/Pydantic Logfire

Some customers can't use your cloud. Now what?

5 mins

Some customers cannot use your cloud.

A vendor-operated environment, even an isolated dedicated one, can still be a no-go for regulatory or architectural reasons. If data cannot leave the customer's network boundary, your cloud is not part of the solution.

We announced a self-hosted option for Pydantic Logfire a little over a year ago. We chose Helm because it's the packaging format Kubernetes teams already know how to review, diff, and GitOps. Getting it to run in a customer Kubernetes cluster was the first job. The second job, keeping that install working as the product kept changing, turned out to be much harder, and a lot of that cost showed up as customer support.

This post is about what drove that cost, and what we did to bring it down.

Self-hosting usually stems from hard constraints: strict data residency, BYO encryption, internal identity providers, localized audit trails, or "no call home" behavior.

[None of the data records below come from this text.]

-- ===== src/Relay/Handler.antt =====
-- services/relay-node/src/circuit/handler.rs: the three handlers as one, and the registry of the
-- circuits of a relay.
use nopanic.Prelude.{
  ℕ, ◌+◌, ◌%◌, find, insert, remove, List, [], map, Option, none, some, Result, ok, err, length,
  if◌then◌else◌,
}
use nopanic.Protocol.{Message, command_eq, create}
use nopanic.Protocol.Wire.{Writer}
use nopanic.Crypto.Library.{Crypto}
use nopanic.Crypto.{SessionKey}
use nopanic.Relay.Context.{HandlerError, circuit_not_found, World, CircuitState}
use nopanic.Relay.Entry
use nopanic.Relay.Middle
use nopanic.Relay.Exit

module _ (lib : Crypto) where
  pub data CircuitHandler : Type 0 where
    entry : Entry.EntryHandler lib → CircuitHandler
    middle : Middle.MiddleHandler lib → CircuitHandler
    exit : Exit.ExitHandler lib → CircuitHandler

  -- The result, the handler that is left, and the previous hop's writer.
  abbrev pub Handled : Type 0
  Handled = Result HandlerError (Option Message) × CircuitHandler × Option Writer

  unfoldable pub handle_message : World → CircuitHandler → Message → Option Writer → Handled
  handle_message world (entry h) m w =
      let (result, h') = Entry.handle_message lib world h m in (result, entry h', w)
  handle_message world (middle h) m w =
      let (result, h') = Middle.handle_message lib world h m in (result, middle h', w)
  handle_message world (exit h) m w =
      let ((result, h'), w') = Exit.handle_message lib world h m w in (result, exit h', w')

  unfoldable pub handle_backward_relay :
      CircuitHandler → Message → Result HandlerError (Option Message) × CircuitHandler
  handle_backward_relay (entry h) m =
      let (result, h') = Entry.handle_backward_relay lib h m in (result, entry h')
  handle_backward_relay (middle h) m =
      let (result, h') = Middle.handle_backward_relay lib h m in (result, middle h')
  handle_backward_relay (exit h) m = (ok (some m), exit h)

  -- `circuit_id`
  abbrev pub own_id : CircuitHandler → ℕ
  own_id (entry h) = h.context.circuit_id
  own_id (middle h) = h.context.circuit_id
  own_id (exit h) = h.context.circuit_id

  unfoldable pub state : CircuitHandler → CircuitState
  state (entry h) = h.context.state
  state (middle h) = h.context.state
  state (exit h) = h.context.state

  unfoldable pub session_key : CircuitHandler → Option SessionKey
  session_key (entry h) = h.context.session_key
  session_key (middle h) = h.context.session_key
  session_key (exit h) = h.context.session_key

  unfoldable pub close : CircuitHandler → CircuitHandler
  close (entry h) = entry (Entry.close lib h)
  close (middle h) = middle (Middle.close lib h)
  close (exit h) = exit (Exit.close lib h)

  -- `CircuitRegistry`: one for all connections of a relay, keyed by the circuit ids that the peers
  -- chose.
  pub record CircuitRegistry : Type 0 where
    pub circuits : List (ℕ × CircuitHandler)
    pub next_circuit_id : ℕ

  unfoldable pub new_registry : CircuitRegistry
  new_registry = record { circuits = []; next_circuit_id = 1 }

  unfoldable pub allocate_circuit_id : CircuitRegistry → ℕ × CircuitRegistry
  allocate_circuit_id r =
      (r.next_circuit_id, record r { next_circuit_id = (r.next_circuit_id + 1) % 4294967296 })

  unfoldable pub add_circuit : CircuitRegistry → ℕ → CircuitHandler → CircuitRegistry
  add_circuit r circuit_id h = record r { circuits = insert circuit_id h r.circuits }

  unfoldable pub remove_circuit : CircuitRegistry → ℕ → Option CircuitHandler × CircuitRegistry
  remove_circuit r circuit_id =
      (find circuit_id r.circuits, record r { circuits = remove circuit_id r.circuits })

  unfoldable pub circuit_count : CircuitRegistry → ℕ
  circuit_count r = length r.circuits

  unfoldable pub circuit_summaries : CircuitRegistry → List (ℕ × CircuitState)
  unfolding state
  circuit_summaries r = map (λ e. (e.0, state e.1)) r.circuits

  -- `CircuitRegistry::handle_message`
  unfoldable pub registry_handle_message :
      World
      → CircuitRegistry
      → Message
      → Option Writer
      → Result HandlerError (Option Message) × CircuitRegistry × Option Writer
  registry_handle_message world r m w = elim (find m.circuit_id r.circuits) [
    | some h ↦
        let (result, h', w') = handle_message world h m w in
        (result, add_circuit r m.circuit_id h', w')
    | none ↦
        if command_eq m.command create
        then (ok none, r, w)
        else (err (circuit_not_found m.circuit_id), r, w)
  ]

  -- `CircuitRegistry::handle_backward_message`
  unfoldable pub registry_handle_backward_message :
      CircuitRegistry → Message → Result HandlerError (Option Message) × CircuitRegistry
  registry_handle_backward_message r m = elim (find m.circuit_id r.circuits) [
    | some h ↦
        let (result, h') = handle_backward_relay h m in (result, add_circuit r m.circuit_id h')
    | none ↦ (err (circuit_not_found m.circuit_id), r)
  ]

At runtime, Pydantic Logfire should only call infrastructure the customer explicitly configured. In practice, the customer owns the infrastructure for application state, object storage, and identity. Logfire's own service telemetry stays inside the cluster unless explicitly routed outward.

In a managed cloud, you can hide dependencies behind platform services. In a self-hosted chart, if a service needs network egress, TLS, or external APIs, the chart must expose it clearly and predictably. The boundary has to be explicit, not implied.

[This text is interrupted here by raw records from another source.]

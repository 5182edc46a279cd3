-- ===== src/Network.antt =====
-- The client and the relays of a circuit together: services/tor-client/src/core/circuit.rs and
-- services/relay-node/src/circuit. What one side writes, the other reads.
pub mod Forward
pub mod Backward
pub mod Ends
pub mod Delivery
pub mod Answers
pub mod Conversation
pub mod Telescope
use nopanic.Prelude.{ℕ, List, [], ◌∷◌, ◌++◌, ◌≡◌, Bool, false, Option, none, some, Result, ok, err}
use nopanic.Protocol.{Message}
use nopanic.Protocol.Wire.{IoError, Writer, from_stream}
use nopanic.Crypto.Library.{Crypto}
use nopanic.Crypto.{CipherPair}
use nopanic.Relay.Context.{World, NextHop}
use nopanic.Relay.Handler.{CircuitHandler, entry, middle, exit, handle_message}

-- A connection that everything written to has been read from.
abbrev pub idle : Writer
idle = record { written = []; broken = false }

abbrev pub cell_of : Result IoError (Option Message) → Option Message
cell_of (ok m) = m
cell_of (err e) = none

-- The one cell that stands in a connection.
abbrev pub cell_in : Writer → Option Message
cell_in w = cell_of (from_stream (record { incoming = w.written; broken = w.broken })).0

module _ (lib : Crypto) where
  abbrev pub next_hop : CircuitHandler lib → Option NextHop
  next_hop (entry h) = h.next_hop
  next_hop (middle h) = h.next_hop
  next_hop (exit h) = none

  abbrev pub cipher_pair : CircuitHandler lib → Option (CipherPair lib)
  cipher_pair (entry h) = h.context.cipher_pair
  cipher_pair (middle h) = h.context.cipher_pair
  cipher_pair (exit h) = none

  -- The next hop has read what was written to it.
  abbrev pub drained : Option NextHop → Option NextHop
  drained none = none
  drained (some hop) = some (record hop { write = idle })

  abbrev pub drain : CircuitHandler lib → CircuitHandler lib
  drain (entry h) = entry (record h { next_hop = drained h.next_hop })
  drain (middle h) = middle (record h { next_hop = drained h.next_hop })
  drain (exit h) = exit h

  abbrev pub outgoing : Option NextHop → Option Message
  outgoing none = none
  outgoing (some hop) = cell_in hop.write

  -- A relay handles a cell; what it wrote to the next hop is read there.
  abbrev pub pass : World → CircuitHandler lib → Message → Option Message × CircuitHandler lib
  pass world h m =
      let (result, h', w) = handle_message lib world h m none in (outgoing (next_hop h'), drain h')

  -- A cell on its way from relay to relay; `none` if one of them sends nothing on.
  abbrev pub carry :
      World
      → List (CircuitHandler lib)
      → Option Message
      → Option Message × List (CircuitHandler lib)
  carry world [] m = (m, [])
  carry world (h ∷ hs) none = (none, h ∷ hs)
  carry world (h ∷ hs) (some m) =
      let (m', h') = pass world h m in let (last, hs') = carry world hs m' in (last, h' ∷ hs')

  -- The relay holds the cipher pair, and has an idle connection to a next hop.
  pub record Linked (c : CipherPair lib) (h : CircuitHandler lib) : Type 0 where
    pub pair : cipher_pair h ≡ some c
    pub hop : NextHop
    pub has_hop : next_hop h ≡ some hop
    pub idle_hop : hop.write ≡ idle

  -- The client's ciphers are those of the relays, and the last one is the exit's.
  abbrev pub LinkedPath :
      List (CipherPair lib) → List (CircuitHandler lib) → CipherPair lib → Type 0
  LinkedPath cs [] last = cs ≡ last ∷ []
  LinkedPath [] (h ∷ hs) last = ⊥
  LinkedPath (c ∷ cs) (h ∷ hs) last = Linked c h × LinkedPath cs hs last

Logfire ships fast. Startup config changes. Services gain new settings, lose old ones, or change defaults. The problem is that Helm has no way to know: it will render valid YAML for a configuration the application no longer accepts. That gap between "chart is valid" and "deployment actually works" is easy to miss until a customer hits it during an upgrade.

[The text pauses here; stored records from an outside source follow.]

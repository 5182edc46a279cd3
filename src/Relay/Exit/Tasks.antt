-- ===== src/Relay/Exit/Tasks.antt =====
-- services/relay-node/src/circuit/exit.rs: `spawn_stream_tasks`, the task between a destination and
-- the circuit.
use nopanic.Prelude.{ℕ, List, [], ◌∷◌, ◌++◌, Bool, true, false, Result, ok, err, chunks}
use nopanic.Error.{TorError}
use nopanic.Protocol.{MessageCommand, max_payload_size}
use nopanic.Protocol.Wire.{Writer, write_to_stream}
use nopanic.Crypto.Library.{Crypto}
use nopanic.Relay.Exit.{ExitCryptoState, seal_cell}

-- "Read error: "
abbrev read_error_text : List ℕ
read_error_text =
    b'R' ∷ b'e' ∷ b'a' ∷ b'd' ∷ b' ' ∷ b'e' ∷ b'r' ∷ b'r' ∷ b'o' ∷ b'r' ∷ b':' ∷ b' ' ∷ []

-- What `tokio::select!` wakes up on: the destination has closed, has sent bytes, or fails with a
-- text; or the handler has queued bytes, which the destination takes or refuses, or is gone.
pub data TaskEvent : Type 0 where
  dest_closed : TaskEvent
  received : List ℕ → TaskEvent
  read_failed : List ℕ → TaskEvent
  queued_data : List ℕ → Bool → TaskEvent
  channel_closed : TaskEvent

module _ (lib : Crypto) where
  -- What the task shares with the handler, and what the destination was sent.
  pub record StreamTask : Type 0 where
    pub shared_state : ExitCryptoState lib
    pub prev_hop_write : Writer
    pub dest_written : List ℕ

  -- A cell is sealed and written; the digest and the layer have moved on where the write fails.
  unfoldable pub send_back :
      (ℕ → ℕ)
      → ℕ
      → ℕ
      → MessageCommand
      → List ℕ
      → StreamTask
      → Result TorError (Unit {0}) × StreamTask
  send_back rng circuit_id stream_id command bytes t =
      let (m, s') = seal_cell lib t.shared_state circuit_id stream_id command bytes in
      let (sent, writer) = write_to_stream rng m t.prev_hop_write in
      (sent, record t { shared_state = s'; prev_hop_write = writer })

  -- The loop over the chunks, which ends with the first write that fails: whether none did.
  unfoldable pub send_chunks : (ℕ → ℕ) → ℕ → ℕ → List (List ℕ) → StreamTask → Bool × StreamTask
  send_chunks rng circuit_id stream_id [] t = (true, t)
  send_chunks rng circuit_id stream_id (chunk ∷ rest) t =
      let (sent, t') = send_back rng circuit_id stream_id MessageCommand.data_cell chunk t in
      let next = send_chunks rng circuit_id stream_id rest t' in
      elim sent [ err e ↦ (false, t') | ok _ ↦ next ]

  -- One round of the loop: whether it goes on.
  unfoldable pub task_round : (ℕ → ℕ) → ℕ → ℕ → TaskEvent → StreamTask → Bool × StreamTask
  task_round rng circuit_id stream_id dest_closed t =
      (false, (send_back rng circuit_id stream_id MessageCommand.end [] t).1)
  task_round rng circuit_id stream_id (received bytes) t =
      send_chunks rng circuit_id stream_id (chunks max_payload_size bytes) t
  task_round rng circuit_id stream_id (read_failed text) t =
      (false, (send_back rng circuit_id stream_id MessageCommand.end (read_error_text ++ text) t).1)
  task_round rng circuit_id stream_id (queued_data bytes true) t =
      (true, record t { dest_written = t.dest_written ++ bytes })
  task_round rng circuit_id stream_id (queued_data bytes false) t = (false, t)
  task_round rng circuit_id stream_id channel_closed t = (false, t)

  -- The loop over the events that come.
  unfoldable pub run_task : (ℕ → ℕ) → ℕ → ℕ → List TaskEvent → StreamTask → Bool × StreamTask
  unfolding task_round
  run_task rng circuit_id stream_id [] t = (true, t)
  run_task rng circuit_id stream_id (event ∷ rest) t =
      let (goes_on, t') = task_round rng circuit_id stream_id event t in
      let next = run_task rng circuit_id stream_id rest t' in
      elim goes_on [ false ↦ (false, t') | true ↦ next ]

This was one of the first things that started generating support load. We built an audit tool into our release process that diffs the platform configuration against the chart before shipping. It keeps the two in sync as the product evolves.

Sizing generated its own category of problems. Kubernetes makes it trivial to expose every workload knob, but forcing users to tune resource requests before their first install pushes product knowledge onto the wrong team.

The underlying issue was that internal settings, worker counts, concurrency limits, were not connected to the actual resource budget the pod had. We were getting support calls from customers hitting OOM kills or CPU throttling with configurations that looked reasonable on paper.

We added sizing presets (e.g. tiny, small, standard) and moved those internal settings to formulas derived from the resources the workload actually gets. If a pod has a specific memory and CPU budget, worker counts and concurrency limits now stay inside that budget automatically. The presets also cover autoscaling and availability defaults, so customers can get a working deployment without having to understand every knob first.

Some complexity is unavoidable: a production install genuinely requires external PostgreSQL, object storage, TLS, and identity providers. We minimized the required inputs for a working deployment, and made it possible to boot a dev-grade instance locally with PostgreSQL and MinIO before committing to the full production setup.

In the cloud product, customers don't manage the instance; we do. There's no reason to expose controls over things that only make sense when you're the one running the infrastructure. That changes completely in a self-hosted deployment.

Managing the instance becomes their problem, which means it has to become our API. Building self-hosted forced us to design a new privilege tier, instance-level admin access. The boundary between "things operators manage" and "things the platform manages" had always been implicit. Self-hosted made it explicit.


The honest lesson from a year of this: the build is not the hard part. The ongoing support surface is. Every gap in setup, docs, upgrades, or troubleshooting eventually becomes a call. If we were doing it again, we would treat the chart as part of the product from day one. Not as polish, and not as a documentation pass after the fact. Startup config, sizing, and instance administration are part of the product once customers are the ones operating it.